START MATERIAL SHOWN

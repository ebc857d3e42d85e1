-- ===== src/Examples/State/Tests.antt =====
-- A small history of the example, and the theorems at it.
use idempotent_proxy.Prelude.{
  ℕ, ◌≡◌, refl, sym, String, Bool, true, Option, none, some, List, [], ◌∷◌, Result, ok, err, join,
  inl, inr, All,
}
use mathlib.Core.Option
use idempotent_proxy.Canister.Signer
use idempotent_proxy.Canister.Signer.{signer}
use idempotent_proxy.Canister.Signer.Tests.{packages, unary_text}
use idempotent_proxy.Canister.Tasks
use idempotent_proxy.Examples.EthCanister.{RpcAgent}
use idempotent_proxy.Examples.Signing.{EcdsaCalls, sign_proxy_token}
use idempotent_proxy.Examples.State.{
  EthState, EthArgs, upgrade_args, default_eth_state, init, init_ecdsa_public_key,
  update_proxy_token, refresh_proxy_token, admin_set_agents,
}
use idempotent_proxy.Examples.Tokens.{as_agents, as_state, as_system, update_proxy_token-as}
use idempotent_proxy.Examples.Histories.{
  History, installed, keyed, refreshed, agents_set, AreProven, History-AreProven,
}

abbrev IsProof : String → String → String → Type 0
IsProof key_name name token = token ≡ join (name ∷ "@" ∷ key_name ∷ [])

abbrev IsKey : String → String → Type 0
IsKey key_name key = key ≡ join ("pk of " ∷ key_name ∷ [])

abbrev sign : String → ℕ → String → Result String String
sign key_name e name = ok (join (name ∷ "@" ∷ key_name ∷ []))

abbrev public_key : String → Result String String
public_key key_name = ok (join ("pk of " ∷ key_name ∷ []))

abbrev eth : RpcAgent
eth = record {
  name = "ETH";
  endpoint = "https://proxy.example/URL_ETH";
  max_cycles = 100;
  proxy_token = none;
  api_token = none;
}

abbrev fresh : EthState
fresh = record default_eth_state { ecdsa_key_name = "key_1" }

abbrev with_agents : EthState
with_agents = record fresh { rpc_agents = record eth { proxy_token = some "ETH@key_1" } ∷ [] }

abbrev with_key : EthState
with_key = record with_agents { rpc_proxy_public_key = "pk of key_1" }

ok_same : {a b : String} → ◌≡◌ {A = Result String String} (ok a) (ok b) → b ≡ a
ok_same h = cc

-- The key arrives after the agents are set, and a refresh has started before.
run : History IsProof IsKey "key_1" with_key (with_key ∷ with_agents ∷ fresh ∷ [])
unfolding init init_ecdsa_public_key update_proxy_token refresh_proxy_token admin_set_agents
    idempotent_proxy.Examples.State.sign_rpc_agents idempotent_proxy.Prelude.lookup
run =
    refreshed with_agents sign (λ n. 5)
      (keyed fresh public_key
        (agents_set fresh sign (λ n. 0) true (eth ∷ []) (installed refl) (inl refl)
          (λ key_name name token e signed. ok_same signed) refl)
        (inr (inl refl)) (λ key_name key given. ok_same given) refl)
      (inr (inl refl)) (λ key_name name token e signed. ok_same signed) refl

History-AreProven_example : AreProven IsProof IsKey "key_1" with_agents
History-AreProven_example =
    History-AreProven IsProof IsKey "key_1" with_key (with_key ∷ with_agents ∷ fresh ∷ []) run
      with_agents (inr (inr (inl refl)))

abbrev calls : EcdsaCalls
calls = record {
  sign_with_ecdsa = λ arg. ok (7 ∷ arg.message_hash);
  ecdsa_public_key = λ arg. err "not asked";
}

update_proxy_token-as_example :
    Option.map as_state (
      update_proxy_token
        (sign_proxy_token calls unary_text packages.cbor packages.sha3_256)
        (λ n. n)
        "key_1"
        (eth ∷ eth ∷ [])
        with_key)
    ≡ Tasks.update_proxy_token
        (Signer.sign_proxy_token
          (as_system calls)
          unary_text
          packages.cbor
          packages.sha3_256
          (signer (as_state fresh)))
        (λ n. n)
        3600
        (as_agents (eth ∷ eth ∷ []))
        (as_state with_key)
update_proxy_token-as_example =
    update_proxy_token-as calls unary_text packages.cbor packages.sha3_256 (λ n. n) (eth ∷ eth ∷ [])
      fresh with_key
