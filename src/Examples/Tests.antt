-- ===== src/Examples/Tests.antt =====
-- A small node behind the proxy, and the theorem at it.
use idempotent_proxy.Prelude.{ℕ, ◌≡◌, ◌↔◌, refl, String, none, some, List, [], ◌∷◌, Result, ok, err}
use idempotent_proxy.Canister.Types.{HttpResponse}
use idempotent_proxy.Examples.JsonRpc.{RpcResponse, Json, Decoder, answer, rpc_call}
use idempotent_proxy.Examples.EthCanister.{
  System, RpcAgent, post_headers, post_request, post, eth_chain_id,
}
use idempotent_proxy.Examples.Lite.{
  EthereumRpc, LiteSystem, lite_request, through_proxy, lite_call, lite_eth_chain_id,
}
use idempotent_proxy.Examples.Answers.{IsReply, IsAnswered, calls_iff}

-- A value is a text, a request is coded by its identifier, and a response is the code of a chain.
abbrev json : Json
json = record {
  Value = String;
  from_text = λ s. s;
  from_bool = λ b. "false";
  to_vec = λ r. ok (r.id ∷ []);
  to_string = ok;
}

abbrev decode : List ℕ → Result (RpcResponse String String) String
decode [] = err "EOF"
decode (chain ∷ []) = ok (record { result = some "0x1"; error = none })
decode bytes = ok (record { result = none; error = some "unknown chain" })

abbrev decoder : Decoder json String
decoder = record { from_slice = decode; from_null = err "invalid type: null" }

abbrev replies : ℕ → HttpResponse
replies status = record { status = status; headers = []; body = 1 ∷ [] }

abbrev system : System
system = record {
  http_request = λ req cycles. ok (replies 200);
  from_utf8 = λ bytes. "";
  show_number = λ n. "500";
  app_agent = "eth-canister";
}

abbrev agent : RpcAgent
agent = record {
  name = "ETH";
  endpoint = "https://proxy.example/URL_ETH";
  max_cycles = 100;
  proxy_token = some "t0ken";
  api_token = none;
}

-- The canister of the proxy has no agent that works.
abbrev lite_system : LiteSystem
lite_system = record {
  call_proxy = λ id method req cycles. ok (replies 500);
  from_utf8 = λ bytes. "no agents";
  show_number = λ n. "500";
  debug = λ id. id;
  app_agent = "eth-canister-lite";
}

abbrev rpc : EthereumRpc
rpc = record { provider = "URL_ETH"; proxy = "hpudd-yqaaa"; api_token = none }

chain_tests :
    (eth_chain_id system json decoder agent "eth_chain_id" ≡ ok "0x1")
    × (lite_eth_chain_id lite_system json decoder rpc "eth_chain_id"
        ≡ err
            "failed to request provider: URL_ETH, idempotency-key: eth_chain_id, status: 500, body: no agents")
unfolding eth_chain_id lite_eth_chain_id lite_call through_proxy post post_headers post_request
    lite_request rpc_call answer
chain_tests = (refl, refl)

calls_iff_example :
    ((rpc_call json decoder (post system agent) "k1" "eth_chainId" [] ≡ ok "0x1")
      ↔ IsAnswered json decoder
          (λ input bytes.
            IsReply (system.http_request (post_request system agent "k1" input) 100) bytes)
          "eth_chainId"
          []
          "0x1")
    × ((lite_call lite_system json decoder rpc "proxy_http_request" "k1" "eth_chainId" []
          ≡ ok "0x1")
        ↔ IsAnswered json decoder
            (λ input bytes.
              IsReply
                (lite_system.call_proxy rpc.proxy "proxy_http_request"
                  (lite_request lite_system rpc "k1" input)
                  1_000_000_000)
                bytes)
            "eth_chainId"
            []
            "0x1")
calls_iff_example =
    calls_iff json decoder system agent lite_system rpc "proxy_http_request" "k1" "eth_chainId" []
      "0x1"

END MATERIAL SHOWN

Output every record above a second time, exactly.

- _SOLUTION_:
repository ebc857d3e42d85e1
-- ===== src/Examples/State/Tests.antt =====
-- A small history of the example, and the theorems at it.
use idempotent_proxy.Prelude.{
  ℕ, ◌≡◌, refl, sym, String, Bool, true, Option, none, some, List, [], ◌∷◌, Result, ok, err, join,
  inl, inr, All,
}
use mathlib.Core.Option
use idempotent_proxy.Canister.Signer
use idempotent_proxy.Canister.Signer.{signer}
use idempotent_proxy.Canister.Signer.Tests.{packages, unary_text}
use idempotent_proxy.Canister.Tasks
use idempotent_proxy.Examples.EthCanister.{RpcAgent}
use idempotent_proxy.Examples.Signing.{EcdsaCalls, sign_proxy_token}
use idempotent_proxy.Examples.State.{
  EthState, EthArgs, upgrade_args, default_eth_state, init, init_ecdsa_public_key,
  update_proxy_token, refresh_proxy_token, admin_set_agents,
}
use idempotent_proxy.Examples.Tokens.{as_agents, as_state, as_system, update_proxy_token-as}
use idempotent_proxy.Examples.Histories.{
  History, installed, keyed, refreshed, agents_set, AreProven, History-AreProven,
}

abbrev IsProof : String → String → String → Type 0
IsProof key_name name token = token ≡ join (name ∷ "@" ∷ key_name ∷ [])

abbrev IsKey : String → String → Type 0
IsKey key_name key = key ≡ join ("pk of " ∷ key_name ∷ [])

abbrev sign : String → ℕ → String → Result String String
sign key_name e name = ok (join (name ∷ "@" ∷ key_name ∷ []))

abbrev public_key : String → Result String String
public_key key_name = ok (join ("pk of " ∷ key_name ∷ []))

abbrev eth : RpcAgent
eth = record {
  name = "ETH";
  endpoint = "https://proxy.example/URL_ETH";
  max_cycles = 100;
  proxy_token = none;
  api_token = none;
}

abbrev fresh : EthState
fresh = record default_eth_state { ecdsa_key_name = "key_1" }

abbrev with_agents : EthState
with_agents = record fresh { rpc_agents = record eth { proxy_token = some "ETH@key_1" } ∷ [] }

abbrev with_key : EthState
with_key = record with_agents { rpc_proxy_public_key = "pk of key_1" }

ok_same : {a b : String} → ◌≡◌ {A = Result String String} (ok a) (ok b) → b ≡ a
ok_same h = cc

-- The key arrives after the agents are set, and a refresh has started before.
run : History IsProof IsKey "key_1" with_key (with_key ∷ with_agents ∷ fresh ∷ [])
unfolding init init_ecdsa_public_key update_proxy_token refresh_proxy_token admin_set_agents
    idempotent_proxy.Examples.State.sign_rpc_agents idempotent_proxy.Prelude.lookup
run =
    refreshed with_agents sign (λ n. 5)
      (keyed fresh public_key
        (agents_set fresh sign (λ n. 0) true (eth ∷ []) (installed refl) (inl refl)
          (λ key_name name token e signed. ok_same signed) refl)
        (inr (inl refl)) (λ key_name key given. ok_same given) refl)
      (inr (inl refl)) (λ key_name name token e signed. ok_same signed) refl

History-AreProven_example : AreProven IsProof IsKey "key_1" with_agents
History-AreProven_example =
    History-AreProven IsProof IsKey "key_1" with_key (with_key ∷ with_agents ∷ fresh ∷ []) run
      with_agents (inr (inr (inl refl)))

abbrev calls : EcdsaCalls
calls = record {
  sign_with_ecdsa = λ arg. ok (7 ∷ arg.message_hash);
  ecdsa_public_key = λ arg. err "not asked";
}

update_proxy_token-as_example :
    Option.map as_state (
      update_proxy_token
        (sign_proxy_token calls unary_text packages.cbor packages.sha3_256)
        (λ n. n)
        "key_1"
        (eth ∷ eth ∷ [])
        with_key)
    ≡ Tasks.update_proxy_token
        (Signer.sign_proxy_token
          (as_system calls)
          unary_text
          packages.cbor
          packages.sha3_256
          (signer (as_state fresh)))
        (λ n. n)
        3600
        (as_agents (eth ∷ eth ∷ []))
        (as_state with_key)
update_proxy_token-as_example =
    update_proxy_token-as calls unary_text packages.cbor packages.sha3_256 (λ n. n) (eth ∷ eth ∷ [])
      fresh with_key
filename src/Examples/Tests.antt
-- ===== src/Examples/Tests.antt =====
-- A small node behind the proxy, and the theorem at it.
use idempotent_proxy.Prelude.{ℕ, ◌≡◌, ◌↔◌, refl, String, none, some, List, [], ◌∷◌, Result, ok, err}
use idempotent_proxy.Canister.Types.{HttpResponse}
use idempotent_proxy.Examples.JsonRpc.{RpcResponse, Json, Decoder, answer, rpc_call}
use idempotent_proxy.Examples.EthCanister.{
  System, RpcAgent, post_headers, post_request, post, eth_chain_id,
}
use idempotent_proxy.Examples.Lite.{
  EthereumRpc, LiteSystem, lite_request, through_proxy, lite_call, lite_eth_chain_id,
}
use idempotent_proxy.Examples.Answers.{IsReply, IsAnswered, calls_iff}

-- A value is a text, a request is coded by its identifier, and a response is the code of a chain.
abbrev json : Json
json = record {
  Value = String;
  from_text = λ s. s;
  from_bool = λ b. "false";
  to_vec = λ r. ok (r.id ∷ []);
  to_string = ok;
}

abbrev decode : List ℕ → Result (RpcResponse String String) String
decode [] = err "EOF"
decode (chain ∷ []) = ok (record { result = some "0x1"; error = none })
decode bytes = ok (record { result = none; error = some "unknown chain" })

abbrev decoder : Decoder json String
decoder = record { from_slice = decode; from_null = err "invalid type: null" }

abbrev replies : ℕ → HttpResponse
replies status = record { status = status; headers = []; body = 1 ∷ [] }

abbrev system : System
system = record {
  http_request = λ req cycles. ok (replies 200);
  from_utf8 = λ bytes. "";
  show_number = λ n. "500";
  app_agent = "eth-canister";
}

abbrev agent : RpcAgent
agent = record {
  name = "ETH";
  endpoint = "https://proxy.example/URL_ETH";
  max_cycles = 100;
  proxy_token = some "t0ken";
  api_token = none;
}

-- The canister of the proxy has no agent that works.
abbrev lite_system : LiteSystem
lite_system = record {
  call_proxy = λ id method req cycles. ok (replies 500);
  from_utf8 = λ bytes. "no agents";
  show_number = λ n. "500";
  debug = λ id. id;
  app_agent = "eth-canister-lite";
}

abbrev rpc : EthereumRpc
rpc = record { provider = "URL_ETH"; proxy = "hpudd-yqaaa"; api_token = none }

chain_tests :
    (eth_chain_id system json decoder agent "eth_chain_id" ≡ ok "0x1")
    × (lite_eth_chain_id lite_system json decoder rpc "eth_chain_id"
        ≡ err
            "failed to request provider: URL_ETH, idempotency-key: eth_chain_id, status: 500, body: no agents")
unfolding eth_chain_id lite_eth_chain_id lite_call through_proxy post post_headers post_request
    lite_request rpc_call answer
chain_tests = (refl, refl)

calls_iff_example :
    ((rpc_call json decoder (post system agent) "k1" "eth_chainId" [] ≡ ok "0x1")
      ↔ IsAnswered json decoder
          (λ input bytes.
            IsReply (system.http_request (post_request system agent "k1" input) 100) bytes)
          "eth_chainId"
          []
          "0x1")
    × ((lite_call lite_system json decoder rpc "proxy_http_request" "k1" "eth_chainId" []
          ≡ ok "0x1")
        ↔ IsAnswered json decoder
            (λ input bytes.
              IsReply
                (lite_system.call_proxy rpc.proxy "proxy_http_request"
                  (lite_request lite_system rpc "k1" input)
                  1_000_000_000)
                bytes)
            "eth_chainId"
            []
            "0x1")
calls_iff_example =
    calls_iff json decoder system agent lite_system rpc "proxy_http_request" "k1" "eth_chainId" []
      "0x1"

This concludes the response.